Are there lessons to be drawn from Berkshire Hathaway Inc.'s takeover of Lubrizol Corp.?
Observers have been quick to point out that the $9-billion (U.S.) deal conforms to Warren Buffett's usual approach to deal-making. Lubrizol is unglamorous, providing chemicals used in industrial lubricants, which doesn't exactly have iPad status. The valuation on the stock is low, given that it trades at just 12.5-times trailing earnings.
It is consistently profitable, with rising earnings and revenues. And in another necessity on the Buffett checklist, top management has been in place for some time: Lubrizol's chief executive assumed the top job in 2004, and has been with the company since the 1970s.
As the New York Times pointed out, the all-cash deal might also suggest that Mr. Buffett believes Berkshire Hathaway's stock is undervalued. Mr. Buffett noted before that takeovers financed with stock make sense if that stock is overvalued, making it a potent currency. All-cash deals, on the other hand, make sense if the acquirer believes his or her stock is cheap.

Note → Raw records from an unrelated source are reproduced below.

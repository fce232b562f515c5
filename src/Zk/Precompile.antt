-- ===== src/Zk/Precompile.antt =====
-- The precompile that checks a shielded transfer from calldata (crates/zeno-zk/src/lib.rs), on the
-- bytes of the call.
use mathlib.Core.List.{append_assoc}
use zeno_final_code.Common.{
  ℕ, zero, suc, ◌+◌, ◌*◌, ◌/◌, ◌^◌, ◌<◌, ◌≡◌, refl, ap, ◌∙◌, Bool, true, false, not, ◌&&◌, List, [],
  ◌∷◌, ◌++◌, length, ltb, leb, if◌then◌else◌, arith, take, drop, replicate, take-append,
  drop-append, drop-part, subst, length-append, length-drop,
}
use zeno_final_code.Hash.{Bytes, Hash32, Digests, bytes_eq, zero_hash}
use zeno_final_code.Hash.Merkle.{AreDigests}
use zeno_final_code.Zk.Binding.{length-to_le_bytes}
use zeno_final_code.Zk.{
  commitment_tree_depth, CommitmentMerkleProof, verify_commitment_proof, to_le_bytes,
}

unfoldable pub from_le_bytes : Bytes → ℕ
from_le_bytes [] = 0
from_le_bytes (b ∷ bytes) = b + 256 * from_le_bytes bytes

unfoldable pub read_hash32 : Bytes → ℕ → Hash32
read_hash32 bytes offset =
    if leb (offset + 32) (length bytes) then take 32 (drop offset bytes) else zero_hash

-- The loop over the siblings.
unfoldable pub read_siblings : ℕ → Bytes → ℕ → List Hash32
read_siblings zero bytes offset = []
read_siblings (suc n) bytes offset = read_hash32 bytes offset ∷ read_siblings n bytes (offset + 32)

module _ (d : Digests) where
  unfoldable pub verify_precompile_inner : Bytes → Bool
  verify_precompile_inner input =
      let proof : CommitmentMerkleProof = record {
        commitment = read_hash32 input 120;
        index = from_le_bytes (take 8 (drop 112 input));
        siblings = read_siblings commitment_tree_depth input 152;
      } in
      if ltb (length input) (152 + 32 * commitment_tree_depth)
      then false
      else if not (verify_commitment_proof d proof (read_hash32 input 32))
      then false
      else if bytes_eq (read_hash32 input 64) zero_hash
      then false
      else not (bytes_eq (read_hash32 input 0) zero_hash)

  unfoldable pub zk_verify_precompile : Bytes → Bytes
  zk_verify_precompile input =
      replicate 31 0 ++ ((if verify_precompile_inner input then 1 else 0) ∷ [])

from_le_bytes-to_le_bytes : (n a : ℕ) → a < 256 ^ n → from_le_bytes (to_le_bytes n a) ≡ a
unfolding from_le_bytes to_le_bytes
from_le_bytes-to_le_bytes zero a h = omega arith
from_le_bytes-to_le_bytes (suc n) a h =
    omega (arith, from_le_bytes-to_le_bytes n (a / 256) (omega arith))

-- A digest is read where it stands.
read_hash32-drop :
    (input : Bytes) (offset : ℕ) (h post : Bytes)
    → drop offset input ≡ h ++ post
    → length h ≡ 32
    → read_hash32 input offset ≡ h
unfolding read_hash32
read_hash32-drop input offset h post e l =
    let size : leb (offset + 32) (length input) ≡ true =
      ground (arith, length-drop offset input, length-append h post) in
    rw (size, e) (take-append 32 h post l)

abbrev pub concat : List Bytes → Bytes
concat [] = []
concat (b ∷ bs) = b ++ concat bs

read_siblings-drop :
    (input : Bytes) (offset : ℕ) (siblings : List Hash32) (post : Bytes)
    → drop offset input ≡ concat siblings ++ post
    → AreDigests siblings
    → read_siblings (length siblings) input offset ≡ siblings
unfolding read_siblings
read_siblings-drop input offset [] post e h = refl
read_siblings-drop input offset (s ∷ siblings) post e h =
    let here = e ∙ append_assoc s (concat siblings) post in
    let next = drop-part offset 32 input s (concat siblings ++ post) here h.0 in
    rw
      (
        read_hash32-drop input offset s (concat siblings ++ post) here h.0,
        read_siblings-drop input (offset + 32) siblings post next h.1,
      )
      refl

length-concat : (bs : List Bytes) → AreDigests bs → length (concat bs) ≡ 32 * length bs
length-concat [] h = refl
length-concat (b ∷ bs) h = omega (arith, length-append b (concat bs), length-concat bs h.1, h.0)

long_enough :
    (input bs post : Bytes) (k n : ℕ)
    → drop k input ≡ bs ++ post
    → length bs ≡ suc n
    → ltb (length input) (k + suc n) ≡ false
long_enough input bs post k n e h =
    ground (arith, length-drop k input, ap length e, length-append bs post)

guards :
    (a b c : Bool) → (if not a then false else if b then false else not c) ≡ (a && (not b && not c))
guards true true c = refl
guards true false c = refl
guards false b c = refl

-- The calldata that the precompile reads: nullifier, root, output commitment, value, index,
-- commitment and siblings, in this order.
abbrev pub calldata : Hash32 → Hash32 → Hash32 → ℕ → CommitmentMerkleProof → Bytes → Bytes
calldata nullifier merkle_root output_commitment value proof rest =
    nullifier
    ++ (merkle_root
        ++ (output_commitment
            ++ (to_le_bytes 16 value
                ++ (to_le_bytes 8 proof.index
                    ++ (proof.commitment ++ (concat proof.siblings ++ rest))))))

module _ (d : Digests) (nullifier merkle_root output_commitment : Hash32) (value : ℕ)
    (proof : CommitmentMerkleProof) (rest : Bytes) where
  abbrev pub call : Bytes
  call = calldata nullifier merkle_root output_commitment value proof rest

  -- On the calldata of a Merkle proof of the full depth, with digests of 32 bytes and an index of
  -- a u64, the precompile answers one just if the proof is accepted against the root and neither the
  -- output commitment nor the nullifier is zero, and else it answers zero.
  pub zk_verify_precompile_lem :
      AreDigests (nullifier ∷ merkle_root ∷ output_commitment ∷ proof.commitment ∷ proof.siblings)
      → length proof.siblings ≡ commitment_tree_depth
      → proof.index < 2 ^ 64
      → zk_verify_precompile d call
        ≡ replicate 31 0
          ++ ((if verify_commitment_proof d proof merkle_root
                  && (not (bytes_eq output_commitment zero_hash)
                      && not (bytes_eq nullifier zero_hash))
                then 1
                else 0)
              ∷ [])
  unfolding zk_verify_precompile verify_precompile_inner
  zk_verify_precompile_lem (hn, (hr, (ho, (hc, hs)))) depth small =
      let x7 = concat proof.siblings ++ rest in
      let x6 = proof.commitment ++ x7 in
      let x5 = to_le_bytes 8 proof.index ++ x6 in
      let x4 = to_le_bytes 16 value ++ x5 in
      let x3 = output_commitment ++ x4 in
      let x2 = merkle_root ++ x3 in
      let at32 : drop 32 call ≡ x2 = drop-append 32 nullifier x2 hn in
      let at64 : drop 64 call ≡ x3 = drop-part 32 32 call merkle_root x3 at32 hr in
      let at96 : drop 96 call ≡ x4 = drop-part 64 32 call output_commitment x4 at64 ho in
      let at112 : drop 112 call ≡ x5 =
        drop-part 96 16 call (to_le_bytes 16 value) x5 at96 (length-to_le_bytes 16 value) in
      let at120 : drop 120 call ≡ x6 =
        drop-part 112 8 call (to_le_bytes 8 proof.index) x6 at112
          (length-to_le_bytes 8 proof.index) in
      let at152 : drop 152 call ≡ x7 = drop-part 120 32 call proof.commitment x7 at120 hc in
      let index : from_le_bytes (take 8 (drop 112 call)) ≡ proof.index =
        ap (λ b. from_le_bytes (take 8 b)) at112
        ∙ ap from_le_bytes
            (take-append 8 (to_le_bytes 8 proof.index) x6 (length-to_le_bytes 8 proof.index))
        ∙ from_le_bytes-to_le_bytes 8 proof.index small in
      let siblings : read_siblings commitment_tree_depth call 152 ≡ proof.siblings =
        subst (λ n. read_siblings n call 152 ≡ proof.siblings) depth
          (read_siblings-drop call 152 proof.siblings rest at152 hs) in
      let long : ltb (length call) (152 + 32 * commitment_tree_depth) ≡ false =
        long_enough call (concat proof.siblings) rest 152 1023 at152
          (length-concat proof.siblings hs ∙ ap (λ n. 32 * n) depth) in
      rw
        (
          long,
          index,
          siblings,
          read_hash32-drop call 120 proof.commitment x7 at120 hc,
          read_hash32-drop call 64 output_commitment x4 at64 ho,
          read_hash32-drop call 32 merkle_root x3 at32 hr,
          read_hash32-drop call 0 nullifier x2 refl hn,
        )
        (ap (λ b. replicate 31 0 ++ ((if b then 1 else 0) ∷ [])) (guards _ _ _))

Berkshire Hathaway shares were down on Monday afternoon, following the announcement of the Lubrizol deal - but so is the rest of the market. They have fallen 4.2 per cent since the end of February, which is also in line with the S&P 500, and currently trade at about 18-times earnings.
But one of the more interesting aspects of the Lubrizol deal is that Mr. Buffett clearly isn't worried about missing out on buying the company at its recent low. During the bear market downturn that ended in March 2009, the shares fell to a low of $23.75. They had risen 340 per cent by the time Mr. Buffett pulled the trigger on the acquisition, or more than three-times the pace of the S&P 500 over the same period.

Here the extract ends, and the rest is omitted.